(Required action):
A word-for-word restatement of the listing is the only acceptable answer.
########################################
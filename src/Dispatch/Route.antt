-- ===== src/Dispatch/Route.antt =====
-- `_extract_route` and `_classify_kind` of src/elke27_lib/dispatcher_loop.py.
use Prim.Native.String.{◌++◌ as ◌+++◌}
use text.Mathlib.Text.{◌==◌ as str_eq}
use elke.Base.{
  ℕ, Bool, true, not, ◌&&◌, ◌||◌, Option, none, some, List, [], ◌∷◌, String, ◌==◌, if◌then◌else◌,
}
use elke.Dispatch.Json.{
  ℤ, pos, negsuc, Json, object, Members, empty, member, keys, get, has, as_int, is_mapping, is_code,
  truthy, is_text, type_name,
}

abbrev pub RouteKey : Type 0
RouteKey = String × String

pub data MessageKind : Type 0 where
  unknown directed broadcast : MessageKind

pub data DispatchSeverity : Type 0 where
  debug info warning error : DispatchSeverity

-- The codes ERR_ROOT_EMPTY to ERR_INVALID_SEQ.
pub data ErrorCode : Type 0 where
  root_empty root_multi domain_empty domain_multi unexpected_value_type invalid_seq : ErrorCode

abbrev pub code_text : ErrorCode → String
code_text root_empty = "root_empty"
code_text root_multi = "root_multi"
code_text domain_empty = "domain_empty"
code_text domain_multi = "domain_multi"
code_text unexpected_value_type = "unexpected_value_type"
code_text invalid_seq = "invalid_seq"

pub record DispatchError : Type 0 where
  pub code : ErrorCode
  pub message : String
  pub domain : Option String
  pub name : Option String
  pub keys : List String
  pub severity : DispatchSeverity

-- `k in META_KEYS`
abbrev pub is_meta : String → Bool
is_meta k = str_eq k "seq" || str_eq k "session_id"

-- `[k for k in msg if k not in META_KEYS]`
abbrev pub root_non_meta : Members → List String
root_non_meta empty = []
root_non_meta (member k v m) = if is_meta k then root_non_meta m else k ∷ root_non_meta m

-- `k in allowed_keys`
abbrev pub is_error_key : String → Bool
is_error_key k =
    str_eq k "error_code"
    || str_eq k "error_message"
    || str_eq k "error_text"
    || str_eq k "error_detail"
    || str_eq k "error_payload"
    || str_eq k "payload"
    || str_eq k "detail"

abbrev pub all : (String → Bool) → List String → Bool
all p [] = true
all p (k ∷ ks) = p k && all p ks

-- `_is_root_error_envelope`
unfoldable pub is_root_error_envelope : Members → Bool
unfolding truthy
is_root_error_envelope msg =
    let message = get "error_message" msg in
    is_code (get "error_code" msg)
    && is_text (if truthy message then message else get "error_text" msg)
    && all is_error_key (root_non_meta msg)

-- The keys that the loop of `_is_domain_root_error` steps over.
abbrev is_error_field : String → Bool
is_error_field k = str_eq k "error_code" || str_eq k "error_message" || str_eq k "error_text"

-- No other key holds a mapping.
unfoldable pub no_command : Members → Bool
no_command empty = true
no_command (member k v m) = (is_error_field k || not (is_mapping v)) && no_command m

-- `_is_domain_root_error`
unfoldable pub is_domain_root_error : Members → Bool
unfolding no_command
is_domain_root_error domain_value =
    is_code (get "error_code" domain_value) && no_command domain_value

abbrev fault : ErrorCode → String → Option String → Option String → List String → DispatchError
fault code message domain name keys = record {
  code = code;
  message = message;
  domain = domain;
  name = name;
  keys = keys;
  severity = warning;
}

-- The route of a domain whose object has these keys.
abbrev pub object_route : String → List String → RouteKey × List DispatchError
object_route domain [] = (
  (domain, "__empty__"),
  fault domain_empty
        ("Domain '" +++ (domain +++ "' object is empty; cannot determine message name."))
        (some domain) (some "__empty__") []
      ∷ [],
)
object_route domain (k ∷ []) = ((domain, k), [])
object_route domain (k ∷ l ∷ ks) = (
  (domain, "__root__"),
  fault domain_multi
        ("Domain '"
          +++ (domain +++ "' object contains multiple keys; routing to domain-level handler."))
        (some domain) (some "__root__") (k ∷ l ∷ ks)
      ∷ [],
)

abbrev pub domain_route : String → Json → RouteKey × List DispatchError
domain_route domain (object v) =
    if is_domain_root_error v then ((domain, "error"), []) else object_route domain (keys v)
domain_route domain v = (
  (domain, "__value__"),
  fault unexpected_value_type
        ("Domain '"
          +++ (domain
              +++ ("' value is unexpected type '"
                  +++ (type_name v +++ "'; routing to domain-level handler."))))
        (some domain) (some "__value__") []
      ∷ [],
)

abbrev pub root_route : Members → List String → RouteKey × List DispatchError
root_route msg [] = (
  ("__root__", "__empty__"),
  fault root_empty "No domain keys present at root (only meta keys found)." (some "__root__")
        (some "__empty__") (keys msg)
      ∷ [],
)
root_route msg (domain ∷ []) = domain_route domain (get domain msg)
root_route msg (_ ∷ _ ∷ _) = (
  ("__root__", "__multi__"),
  fault root_multi "Multiple domain keys present at root; cannot determine a single domain."
        (some "__root__") (some "__multi__") (keys msg)
      ∷ [],
)

-- `_extract_route`
unfoldable pub extract_route : Members → RouteKey × List DispatchError
unfolding is_root_error_envelope is_domain_root_error
extract_route msg =
    if is_root_error_envelope msg
    then (("__error__", "panel_error"), [])
    else root_route msg (root_non_meta msg)

abbrev bad_seq : String → Option ℕ × MessageKind × List DispatchError
bad_seq message = (none, unknown, fault invalid_seq message none none ("seq" ∷ []) ∷ [])

abbrev pub kind_of : Json → Option ℤ → Option ℕ × MessageKind × List DispatchError
kind_of v none = bad_seq ("Invalid seq type '" +++ (type_name v +++ "' (expected int)."))
kind_of v (some (pos n)) = if n == 0 then (some 0, broadcast, []) else (some n, directed, [])
kind_of v (some (negsuc _)) =
    bad_seq "Invalid seq value (expected 0 for broadcast or >0 for directed)."

-- `_classify_kind`; the seq that is kept is never negative.
unfoldable pub classify_kind : Members → Option ℕ × MessageKind × List DispatchError
classify_kind msg =
    if has "seq" msg then kind_of (get "seq" msg) (as_int (get "seq" msg)) else (none, unknown, [])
########################################
(Reply to the exercise):
filename src/Dispatch/Route.antt
-- ===== src/Dispatch/Route.antt =====
-- `_extract_route` and `_classify_kind` of src/elke27_lib/dispatcher_loop.py.
use Prim.Native.String.{◌++◌ as ◌+++◌}
use text.Mathlib.Text.{◌==◌ as str_eq}
use elke.Base.{
  ℕ, Bool, true, not, ◌&&◌, ◌||◌, Option, none, some, List, [], ◌∷◌, String, ◌==◌, if◌then◌else◌,
}
use elke.Dispatch.Json.{
  ℤ, pos, negsuc, Json, object, Members, empty, member, keys, get, has, as_int, is_mapping, is_code,
  truthy, is_text, type_name,
}

abbrev pub RouteKey : Type 0
RouteKey = String × String

pub data MessageKind : Type 0 where
  unknown directed broadcast : MessageKind

pub data DispatchSeverity : Type 0 where
  debug info warning error : DispatchSeverity

-- The codes ERR_ROOT_EMPTY to ERR_INVALID_SEQ.
pub data ErrorCode : Type 0 where
  root_empty root_multi domain_empty domain_multi unexpected_value_type invalid_seq : ErrorCode

abbrev pub code_text : ErrorCode → String
code_text root_empty = "root_empty"
code_text root_multi = "root_multi"
code_text domain_empty = "domain_empty"
code_text domain_multi = "domain_multi"
code_text unexpected_value_type = "unexpected_value_type"
code_text invalid_seq = "invalid_seq"

pub record DispatchError : Type 0 where
  pub code : ErrorCode
  pub message : String
  pub domain : Option String
  pub name : Option String
  pub keys : List String
  pub severity : DispatchSeverity

-- `k in META_KEYS`
abbrev pub is_meta : String → Bool
is_meta k = str_eq k "seq" || str_eq k "session_id"

-- `[k for k in msg if k not in META_KEYS]`
abbrev pub root_non_meta : Members → List String
root_non_meta empty = []
root_non_meta (member k v m) = if is_meta k then root_non_meta m else k ∷ root_non_meta m

-- `k in allowed_keys`
abbrev pub is_error_key : String → Bool
is_error_key k =
    str_eq k "error_code"
    || str_eq k "error_message"
    || str_eq k "error_text"
    || str_eq k "error_detail"
    || str_eq k "error_payload"
    || str_eq k "payload"
    || str_eq k "detail"

abbrev pub all : (String → Bool) → List String → Bool
all p [] = true
all p (k ∷ ks) = p k && all p ks

-- `_is_root_error_envelope`
unfoldable pub is_root_error_envelope : Members → Bool
unfolding truthy
is_root_error_envelope msg =
    let message = get "error_message" msg in
    is_code (get "error_code" msg)
    && is_text (if truthy message then message else get "error_text" msg)
    && all is_error_key (root_non_meta msg)

-- The keys that the loop of `_is_domain_root_error` steps over.
abbrev is_error_field : String → Bool
is_error_field k = str_eq k "error_code" || str_eq k "error_message" || str_eq k "error_text"

-- No other key holds a mapping.
unfoldable pub no_command : Members → Bool
no_command empty = true
no_command (member k v m) = (is_error_field k || not (is_mapping v)) && no_command m

-- `_is_domain_root_error`
unfoldable pub is_domain_root_error : Members → Bool
unfolding no_command
is_domain_root_error domain_value =
    is_code (get "error_code" domain_value) && no_command domain_value

abbrev fault : ErrorCode → String → Option String → Option String → List String → DispatchError
fault code message domain name keys = record {
  code = code;
  message = message;
  domain = domain;
  name = name;
  keys = keys;
  severity = warning;
}

-- The route of a domain whose object has these keys.
abbrev pub object_route : String → List String → RouteKey × List DispatchError
object_route domain [] = (
  (domain, "__empty__"),
  fault domain_empty
        ("Domain '" +++ (domain +++ "' object is empty; cannot determine message name."))
        (some domain) (some "__empty__") []
      ∷ [],
)
object_route domain (k ∷ []) = ((domain, k), [])
object_route domain (k ∷ l ∷ ks) = (
  (domain, "__root__"),
  fault domain_multi
        ("Domain '"
          +++ (domain +++ "' object contains multiple keys; routing to domain-level handler."))
        (some domain) (some "__root__") (k ∷ l ∷ ks)
      ∷ [],
)

abbrev pub domain_route : String → Json → RouteKey × List DispatchError
domain_route domain (object v) =
    if is_domain_root_error v then ((domain, "error"), []) else object_route domain (keys v)
domain_route domain v = (
  (domain, "__value__"),
  fault unexpected_value_type
        ("Domain '"
          +++ (domain
              +++ ("' value is unexpected type '"
                  +++ (type_name v +++ "'; routing to domain-level handler."))))
        (some domain) (some "__value__") []
      ∷ [],
)

abbrev pub root_route : Members → List String → RouteKey × List DispatchError
root_route msg [] = (
  ("__root__", "__empty__"),
  fault root_empty "No domain keys present at root (only meta keys found)." (some "__root__")
        (some "__empty__") (keys msg)
      ∷ [],
)
root_route msg (domain ∷ []) = domain_route domain (get domain msg)
root_route msg (_ ∷ _ ∷ _) = (
  ("__root__", "__multi__"),
  fault root_multi "Multiple domain keys present at root; cannot determine a single domain."
        (some "__root__") (some "__multi__") (keys msg)
      ∷ [],
)

-- `_extract_route`
unfoldable pub extract_route : Members → RouteKey × List DispatchError
unfolding is_root_error_envelope is_domain_root_error
extract_route msg =
    if is_root_error_envelope msg
    then (("__error__", "panel_error"), [])
    else root_route msg (root_non_meta msg)

abbrev bad_seq : String → Option ℕ × MessageKind × List DispatchError
bad_seq message = (none, unknown, fault invalid_seq message none none ("seq" ∷ []) ∷ [])

abbrev pub kind_of : Json → Option ℤ → Option ℕ × MessageKind × List DispatchError
kind_of v none = bad_seq ("Invalid seq type '" +++ (type_name v +++ "' (expected int)."))
kind_of v (some (pos n)) = if n == 0 then (some 0, broadcast, []) else (some n, directed, [])
kind_of v (some (negsuc _)) =
    bad_seq "Invalid seq value (expected 0 for broadcast or >0 for directed)."

-- `_classify_kind`; the seq that is kept is never negative.
unfoldable pub classify_kind : Members → Option ℕ × MessageKind × List DispatchError
classify_kind msg =
    if has "seq" msg then kind_of (get "seq" msg) (as_int (get "seq" msg)) else (none, unknown, [])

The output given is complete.